From the Official Comments to the UNIDROIT Principles still another peculiarity can be drawn. CISG art. 75 and its counterpart Principles art. 7.4.5 are designed to provide a remedy for the injured contracting party and must restore it into the position that it would have been if the initial contract had been properly performed, but this does not mean that the non-performing party should be excessively damaged. As it is already mentioned, the performance of the substitute transaction must not prejudice the non-performing party. The purpose of the remedy provided in CISG art. 75 and its UNIDROIT Principles counterpart is to mitigate the damages, not to punish the non-performing party.[16]

IV. Damages

Both counterpart provisions use one and the same method for measuring damages in case of a replacement transaction. The rule is that the aggrieved party may recover the difference between the two contract prices. According to the UNIDROIT Principles Official Comments, art. 7.4.5. only established a minimum right of recovery.[17] This conclusion is based on the fact that the aggrieved party may recover further damages under the other provisions in the Principles that regulate the law on damages.[18] Bearing in mind that CISG art. 75 and UNIDROIT Principles art. 7.4.5. correspond in substance, the same inference is also true for CISG art. 75.[19]

Concerning the method for measuring damages there is little room for interpretation, because both articles use very clear wording. The amount of the remedy required under CISG art. 75 and its counterpart UNIDROIT Principles art. 7.4.5. is the difference between the prices of the original transaction and the substitute transaction concluded by the aggrieved party.[20]

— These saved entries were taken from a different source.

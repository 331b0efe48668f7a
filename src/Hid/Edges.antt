-- ===== src/Hid/Edges.antt =====
-- Which key presses of kernel/hid.c give a character.
use siathos.Prelude.{
  ℕ, ◌<◌, ◌≤◌, ◌≡◌, ◌≢◌, inl, inr, refl, sym, ap, subst, ◌∙◌, Bool, true, false, ◌&&◌, ◌||◌, Option,
  none, some, List, [], ◌∷◌, ◌++◌, ltb, ◌==◌, if◌then◌else◌, drop, all_below, all_below_lem, arith,
  Bool-cases, Option-cases,
}
use siathos.Hid.{
  usb_keycode_to_ascii, is_shift, keys, contains, compared, new_key, remember, char_of,
  usb_kbd_getc,
}

abbrev is_ascii : ℕ → Bool
is_ascii k = ltb (usb_keycode_to_ascii k false) 127 && ltb (usb_keycode_to_ascii k true) 127

table_ascii : all_below 0x66 is_ascii ≡ true
unfolding all_below usb_keycode_to_ascii
table_ascii = refl

ascii_above : (k : ℕ) (shift : Bool) → 0x65 < k → usb_keycode_to_ascii k shift ≡ 0
unfolding usb_keycode_to_ascii
ascii_above k shift lt = ground arith

usb_keycode_to_ascii_bound : (k : ℕ) (shift : Bool) → usb_keycode_to_ascii k shift < 127
usb_keycode_to_ascii_bound k shift = elim (Bool-cases (ltb 0x65 k)) [
  | inl above ↦ omega (arith, ascii_above k shift (ground arith))
  | inr below ↦ by_shift shift (all_below_lem 0x66 is_ascii k table_ascii (ground arith))
]
  where
    by_shift : (s : Bool) → is_ascii k ≡ true → usb_keycode_to_ascii k s < 127
    by_shift true e = ground arith
    by_shift false e = ground arith

-- Where a report has no new key, each key in it is 0 or was compared.
new_key-none :
    (ks prev : List ℕ)
    → new_key ks prev ≡ none
    → (k : ℕ) → contains ks k ≡ true
    → k ≢ 0
    → contains (compared prev) k ≡ true
new_key-none [] prev e k on ne = absurd (ground arith)
new_key-none (x ∷ ks) prev e k on ne = elim (Bool-cases (x == 0 || contains (compared prev) x)) [
  | inl skip ↦ elim (Bool-cases (x == k)) [
    | inl same ↦ ground (arith, skip, same)
    | inr other ↦
        new_key-none ks prev (sym (ap (λ b. if b then new_key ks prev else some x) skip) ∙ e) k
          (ground (arith, on, other)) ne
  ]
  | inr stop ↦ absurd (ground (arith, stop, e))
]

new_key-some :
    (ks prev : List ℕ) (k : ℕ)
    → new_key ks prev ≡ some k
    → (contains ks k ≡ true) × (contains (compared prev) k ≡ false) × (k ≢ 0)
new_key-some [] prev k e = absurd (ground arith)
new_key-some (x ∷ ks) prev k e = elim (Bool-cases (x == 0 || contains (compared prev) x)) [
  | inl skip ↦
      let rest =
        new_key-some ks prev k (sym (ap (λ b. if b then new_key ks prev else some x) skip) ∙ e) in
      (ground (arith, rest.0), rest.1, rest.2)
  | inr stop ↦
      let same : x ≡ k = ground (arith, stop, e) in
      (ground (arith, same), ground (arith, stop, same), ground (arith, stop, same))
]

-- What a character that `usb_kbd_getc` gives stands for.
pub record Typed (report prev : List ℕ) (c : ℕ) : Type 0 where
  pub key : ℕ
  pub pressed : contains (keys report) key ≡ true
  pub fresh : contains (compared prev) key ≡ false
  pub shown : c ≡ usb_keycode_to_ascii key (is_shift report)
  pub printable : c < 127

-- A character other than 0 that `usb_kbd_getc` gives is below 127 and is that of a key of the report
-- which is not among the second to the seventh byte of the stored keys; and where every key of the
-- report is 0 or among those, it gives the character 0.
pub usb_kbd_getc-Typed :
    (r : ℕ) (report prev : List ℕ) (c : ℕ)
    → (usb_kbd_getc r report prev).0 ≡ some c
    → (c ≢ 0 → Typed report prev c)
      × (((k : ℕ) → contains (keys report) k ≡ true → k ≢ 0 → contains (compared prev) k ≡ true)
          → c ≡ 0)
unfolding usb_kbd_getc
usb_kbd_getc-Typed r report prev c e = elim (Option-cases (new_key (keys report) prev)) [
  | inl off ↦
      let zero_char : c ≡ 0 = sym (shows none off) in (λ ne. absurd (ne zero_char), λ _. zero_char)
  | inr (k, on) ↦
      let found = new_key-some (keys report) prev k on in
      let char_k : usb_keycode_to_ascii k (is_shift report) ≡ c = shows (some k) on in
      (
        λ ne. record {
          key = k;
          pressed = found.0;
          fresh = found.1;
          shown = sym char_k;
          printable = omega (arith, usb_keycode_to_ascii_bound k (is_shift report), char_k);
        },
        λ all. absurd (ground (arith, all k found.0 found.2, found.1)),
      )
]
  where
    shows : (o : Option ℕ) → new_key (keys report) prev ≡ o → char_of o (is_shift report) ≡ c
    shows o found = ap (λ n. char_of n (is_shift report)) (sym found) ∙ ground (arith, e)

poll_state :
    (r : ℕ) (report prev : List ℕ) → 1 ≤ r → (usb_kbd_getc r report prev).1 ≡ remember prev report
unfolding usb_kbd_getc
poll_state r report prev got = ground arith

poll_again :
    (r : ℕ) (report prev : List ℕ) (k : ℕ)
    → 1 ≤ r
    → new_key (keys report) prev ≡ some k
    → remember prev report ≡ prev
    → usb_kbd_getc r report prev ≡ (some (usb_keycode_to_ascii k (is_shift report)), prev)
unfolding usb_kbd_getc
poll_again r report prev k got new same =
    let full : ltb r 1 ≡ false = ground arith in
    ap
      (λ b.
        if b
        then (none, prev)
        else (some (char_of (new_key (keys report) prev) (is_shift report)), remember prev report))
      full
    ∙ (ap (λ o. (some (char_of o (is_shift report)), remember prev report)) new
        ∙ ap (λ (s : List ℕ). (some (usb_keycode_to_ascii k (is_shift report)), s)) same)

-- While the first key of a report is held, and is not also another key of it, each further call of
-- `usb_kbd_getc` gives its character again: after one call on the report, a second one gives it
-- whatever was stored before, where the seventh byte of `prev`, which no call writes, is 0.
pub usb_kbd_getc-held :
    (r m k k2 k3 k4 k5 k6 x : ℕ) (prev : List ℕ)
    → 1 ≤ r
    → drop 6 prev ≡ 0 ∷ []
    → k ≢ 0
    → contains (k2 ∷ k3 ∷ k4 ∷ k5 ∷ k6 ∷ []) k ≡ false
    → let report = m ∷ k ∷ k2 ∷ k3 ∷ k4 ∷ k5 ∷ k6 ∷ x ∷ [] in
      let held = (usb_kbd_getc r report prev).1 in
      usb_kbd_getc r report held ≡ (some (usb_keycode_to_ascii k (is_shift report)), held)
usb_kbd_getc-held r m k k2 k3 k4 k5 k6 x prev got last ne other =
    subst
      (λ (s : List ℕ).
        usb_kbd_getc r report s ≡ (some (usb_keycode_to_ascii k (is_shift report)), s))
      (sym (poll_state r report prev got ∙ ap (λ t. keys report ++ t) last))
      (poll_again r report (keys report ++ (0 ∷ [])) k got (ground (arith, other)) refl)
  where
    report : List ℕ
    report = m ∷ k ∷ k2 ∷ k3 ∷ k4 ∷ k5 ∷ k6 ∷ x ∷ []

Both articles apply the so-called "concrete" method, which uses objective and rather practical criteria for measuring damages caused by a party’s breach of contract.[21]

V. Conclusion

In conclusion, it must be underlined that both counterpart articles represent a specific hypothesis of the general rule regulating the corresponding remedy in case of breach of contract. The remedy provided in CISG art. 75 – and its counterpart UNIDROIT Principles art. 7.4.5 – applies to both contracting parties and consequently gives a general guarantee of the proper performance of the contractual obligations of both the buyer and the seller under an international contract for the sale of goods.

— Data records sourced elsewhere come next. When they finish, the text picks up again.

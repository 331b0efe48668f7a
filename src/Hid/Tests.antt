-- ===== src/Hid/Tests.antt =====
-- Reports of kernel/hid.c.
use siathos.Prelude.{ℕ, ◌≡◌, ◌≢◌, refl, true, false, some, List, [], ◌∷◌, replicate, arith}
use siathos.Hid.{
  usb_keycode_to_ascii, char_at, usb_kbd_parse_report, usb_kbd_getc, first_char, keys, contains,
  compared,
}
use siathos.Hid.Edges.{Typed, usb_kbd_getc-Typed, usb_kbd_getc-held}

-- 0x04 is the usage of the letter `a`; the table gives the digit 2.
usage_a : usb_keycode_to_ascii 4 false ≡ b'2'
unfolding usb_keycode_to_ascii char_at
usage_a = refl

shifted_q : usb_keycode_to_ascii 16 true ≡ b'Q'
unfolding usb_keycode_to_ascii char_at
shifted_q = refl

parsed_second : usb_kbd_parse_report (0 ∷ 0x65 ∷ 30 ∷ 16 ∷ 0 ∷ 0 ∷ 0 ∷ 0 ∷ []) ≡ b'a'
unfolding usb_kbd_parse_report first_char usb_keycode_to_ascii char_at
parsed_second = refl

abbrev no_keys : List ℕ
no_keys = replicate 7 0

-- The key 30 is pressed with the left shift key.
abbrev pressed_a : List ℕ
pressed_a = 2 ∷ 0 ∷ 30 ∷ 0 ∷ 0 ∷ 0 ∷ 0 ∷ 0 ∷ []

shown_a : (usb_kbd_getc 8 pressed_a no_keys).0 ≡ some b'A'
unfolding usb_kbd_getc usb_keycode_to_ascii char_at
shown_a = refl

-- A held key in the second place gives nothing more.
held_a : (usb_kbd_getc 8 pressed_a (usb_kbd_getc 8 pressed_a no_keys).1).0 ≡ some 0
unfolding usb_kbd_getc usb_keycode_to_ascii char_at
held_a = refl

usb_kbd_getc-Typed_example :
    (◌≢◌ {A = ℕ} b'A' 0 → Typed pressed_a no_keys b'A')
    × (((k : ℕ) → contains (keys pressed_a) k ≡ true → k ≢ 0 → contains (compared no_keys) k ≡ true)
        → ◌≡◌ {A = ℕ} b'A' 0)
usb_kbd_getc-Typed_example = usb_kbd_getc-Typed 8 pressed_a no_keys b'A' shown_a

abbrev first_a : List ℕ
first_a = 0 ∷ 30 ∷ 0 ∷ 0 ∷ 0 ∷ 0 ∷ 0 ∷ 0 ∷ []

usb_kbd_getc-held_example :
    let held = (usb_kbd_getc 8 first_a no_keys).1 in
    usb_kbd_getc 8 first_a held ≡ (some (usb_keycode_to_ascii 30 false), held)
usb_kbd_getc-held_example =
    usb_kbd_getc-held 8 0 30 0 0 0 0 0 0 no_keys (omega arith) refl (ground arith) refl
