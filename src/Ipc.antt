-- ===== src/Ipc.antt =====
-- Messages between processes, kernel/ipc.c. The bytes that `data` and `buf` point to are lists, and
-- a pointer to a mailbox is its index. The blocking receive is modelled by its rounds, with
-- `sched_block` between them.
pub mod Queue
pub mod Route
pub mod Send
pub mod Receive
mod Tests
use siathos.Prelude.{
  ℕ, zero, suc, ◌+◌, ◌-◌, ◌%◌, ◌^◌, Bool, true, false, not, Option, none, some, List, [], ◌∷◌, map,
  leb, ltb, ◌==◌, ◌!=◌, if◌then◌else◌, bit_and, get_elem?, get_or, set, modify, take, find_slot,
}
use siathos.Proc.{Process, Table}
use siathos.Sched.{sched_wakeup}

abbrev pub queue_max : ℕ
queue_max = 64

abbrev pub msg_max : ℕ
msg_max = 4096

-- `CAP_IPC`
abbrev pub cap_ipc : ℕ
cap_ipc = 2 ^ 10

-- `ipc_message_t`; `payload` are the first `size` bytes of the array, whose rest is 0.
pub record Message : Type 0 where
  pub sender : ℕ
  pub receiver : ℕ
  pub kind : ℕ
  pub payload : List ℕ
  pub size : ℕ

-- `mailbox_t`
pub record Mailbox : Type 0 where
  pub pid : ℕ
  pub msgs : List Message
  pub head : ℕ
  pub count : ℕ

-- The static variables `mailboxes` and `ipc_ready`.
pub record Ipc : Type 0 where
  pub mailboxes : List Mailbox
  pub ipc_ready : Bool

-- What a read past the end of `msgs` would give; no index of the code lies there.
abbrev pub blank : Message
blank = record { sender = 0; receiver = 0; kind = 0; payload = []; size = 0 }

abbrev pub emptied : ℕ → Mailbox → Mailbox
emptied pid mb = record mb { pid = pid; head = 0; count = 0 }

pub ipc_init : Ipc → Ipc
ipc_init s = record { mailboxes = map (emptied 0) s.mailboxes; ipc_ready = true }

abbrev pub owned : ℕ → Mailbox → Bool
owned pid mb = mb.pid == pid

-- The second loop of `mailbox_for`, at the slot that it stops at.
abbrev pub claim : Option (ℕ × Mailbox) → ℕ → Ipc → Option ℕ × Ipc
claim none pid s = (none, s)
claim (some (i, _)) pid s = (some i, record s { mailboxes = modify s.mailboxes i (emptied pid) })

abbrev pub found_or_claim : Option (ℕ × Mailbox) → ℕ → Ipc → Option ℕ × Ipc
found_or_claim (some (i, _)) pid s = (some i, s)
found_or_claim none pid s = claim (find_slot (owned 0) s.mailboxes) pid s

unfoldable pub mailbox_for : ℕ → Ipc → Option ℕ × Ipc
mailbox_for pid s =
    if not s.ipc_ready then (none, s) else found_or_claim (find_slot (owned pid) s.mailboxes) pid s

pub push : Message → Mailbox → Mailbox
push m mb =
    if leb queue_max mb.count
    then mb
    else record mb { msgs = set mb.msgs ((mb.head + mb.count) % queue_max) m; count = mb.count + 1 }

-- The message that `mailbox_pop` copies out; the test of its count is `count == 0`.
abbrev pub front : Mailbox → Message
front mb = get_or mb.msgs mb.head blank

unfoldable pub pop : Mailbox → Mailbox
pop mb = record mb { head = (mb.head + 1) % queue_max; count = mb.count - 1 }

-- What `current_proc` points to.
abbrev pub current_of : Table → Option Process
current_of t = elim t.current [ none ↦ none | some c ↦ get_elem? t.procs c ]

abbrev pub has_ipc : Process → Bool
has_ipc p = bit_and p.rights cap_ipc != 0

-- The results 0, -1 and -2.
pub data Sent : Type 0 where
  sent no_right no_mailbox : Sent

abbrev pub message : Process → ℕ → ℕ → List ℕ → ℕ → Message
message me to kind bytes size =
    let n = if ltb msg_max size then msg_max else size in
    record { sender = me.pid; receiver = to; kind = kind; payload = take n bytes; size = n }

abbrev pub send_in : Option ℕ × Ipc → Message → ℕ → Table → Sent × (Ipc × Table)
send_in (none, s) m to t = (no_mailbox, (s, t))
send_in (some i, s) m to t =
    (sent, (record s { mailboxes = modify s.mailboxes i (push m) }, sched_wakeup t to))

abbrev pub send_by : Option Process → ℕ → ℕ → List ℕ → ℕ → Ipc → Table → Sent × (Ipc × Table)
send_by none to kind bytes size s t = (no_right, (s, t))
send_by (some me) to kind bytes size s t =
    if has_ipc me
    then send_in (mailbox_for to s) (message me to kind bytes size) to t
    else (no_right, (s, t))

-- `do_send`, which `ipc_send` and `ipc_reply` are. `bytes` is what lies from `data` on.
pub send : ℕ → ℕ → List ℕ → ℕ → Ipc → Table → Sent × (Ipc × Table)
unfolding mailbox_for push
send to kind bytes size s t = send_by (current_of t) to kind bytes size s t

-- `got` has the sender, the type and the bytes copied; `nothing` is an empty mailbox: -3 for
-- `ipc_try_receive`, a `sched_block` before the next round for `ipc_receive`.
pub data Received : Type 0 where
  got : ℕ → ℕ → List ℕ → Received
  nothing denied absent : Received

abbrev pub copied : Message → ℕ → List ℕ
copied m room = take (if ltb room m.size then room else m.size) m.payload

abbrev pub receive_at : ℕ → Option Mailbox → ℕ → Ipc → Received × Ipc
receive_at i none room s = (absent, s)
receive_at i (some mb) room s = if mb.count == 0 then (nothing, s) else (
  got (front mb).sender (front mb).kind (copied (front mb) room),
  record s { mailboxes = modify s.mailboxes i pop },
)

abbrev pub receive_in : Option ℕ × Ipc → ℕ → Received × Ipc
receive_in (none, s) room = (absent, s)
receive_in (some i, s) room = receive_at i (get_elem? s.mailboxes i) room s

-- A round of the loop of `ipc_receive`, for the process `me`.
unfoldable pub receive_round : ℕ → ℕ → Ipc → Received × Ipc
unfolding mailbox_for pop
receive_round me room s = receive_in (mailbox_for me s) room

abbrev pub receive_by : Option Process → ℕ → Ipc → Received × Ipc
receive_by none room s = (denied, s)
receive_by (some me) room s = if has_ipc me then receive_round me.pid room s else (denied, s)

-- `ipc_try_receive`, and `ipc_receive` up to its first `sched_block`.
unfoldable pub receive : ℕ → Ipc → Table → Received × Ipc
unfolding receive_round
receive room s t = receive_by (current_of t) room s

-- `ipc_send_blocking` up to the first `sched_block` of its receive; the reply is not kept.
pub send_blocking : ℕ → ℕ → List ℕ → ℕ → Ipc → Table → Sent × (Option Received × (Ipc × Table))
unfolding send receive
send_blocking to kind bytes size s t =
    let (r, u) = send to kind bytes size s t in
    elim r [
      | sent ↦ let (w, s') = receive msg_max u.0 u.1 in (sent, (some w, (s', u.1)))
      | no_right ↦ (no_right, (none, u))
      | no_mailbox ↦ (no_mailbox, (none, u))
    ]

More importantly, both articles, along with the possibility for the innocent party to declare the contract avoided, stipulate an additional method of protection for the injured party by providing the possibility to claim damages.[22]

Therefore, this right might be executed only after the moment of avoidance of the contract is finally defined and the strict requirements outlined in CISG art. 75 and its counterpart UNIDROIT Principles art. 7.4.5. are fulfilled.[23]


FOOTNOTES

* Bojidara Borisova received her law degree from Sofia University "St.Kl.Ohridsky", Bulgaria, in 2001. Currently, she is a Ph.D. candidate at the same university, working on her research project on international investment law. Since July 2003 she is working as a part time legal advisor at the Bulgarian Investment Agency.

1. See Kritzer, General Observations on Use of the UNIDROIT Principles to Help Interpret the CISG, available online <http://cisgw3.law.pace.edu/cisg/text/matchup/general-observations.html> and Liu, Remedies for Non-performance: Perspectives from CISG, UNIDROIT Principles and PECL, available online <http://cisg3.law.pace.edu/cisg/biblio/chengwei-75.html>.

2. See Sutton, Measuring Damages Under the United Nations Convention on the International Sale of Goods, 50 Ohio State Law Journal (1989), 737-752, also available online at <http://cisgw3.law.pace.edu/cisg/biblio/sutton.html>.

3. See Text of Secretariat Commentary on article 71 of the 1978 Draft Convention, available online at <http://cisgw3.law.pace.edu/cisg/text/secomm/secomm-75.html>.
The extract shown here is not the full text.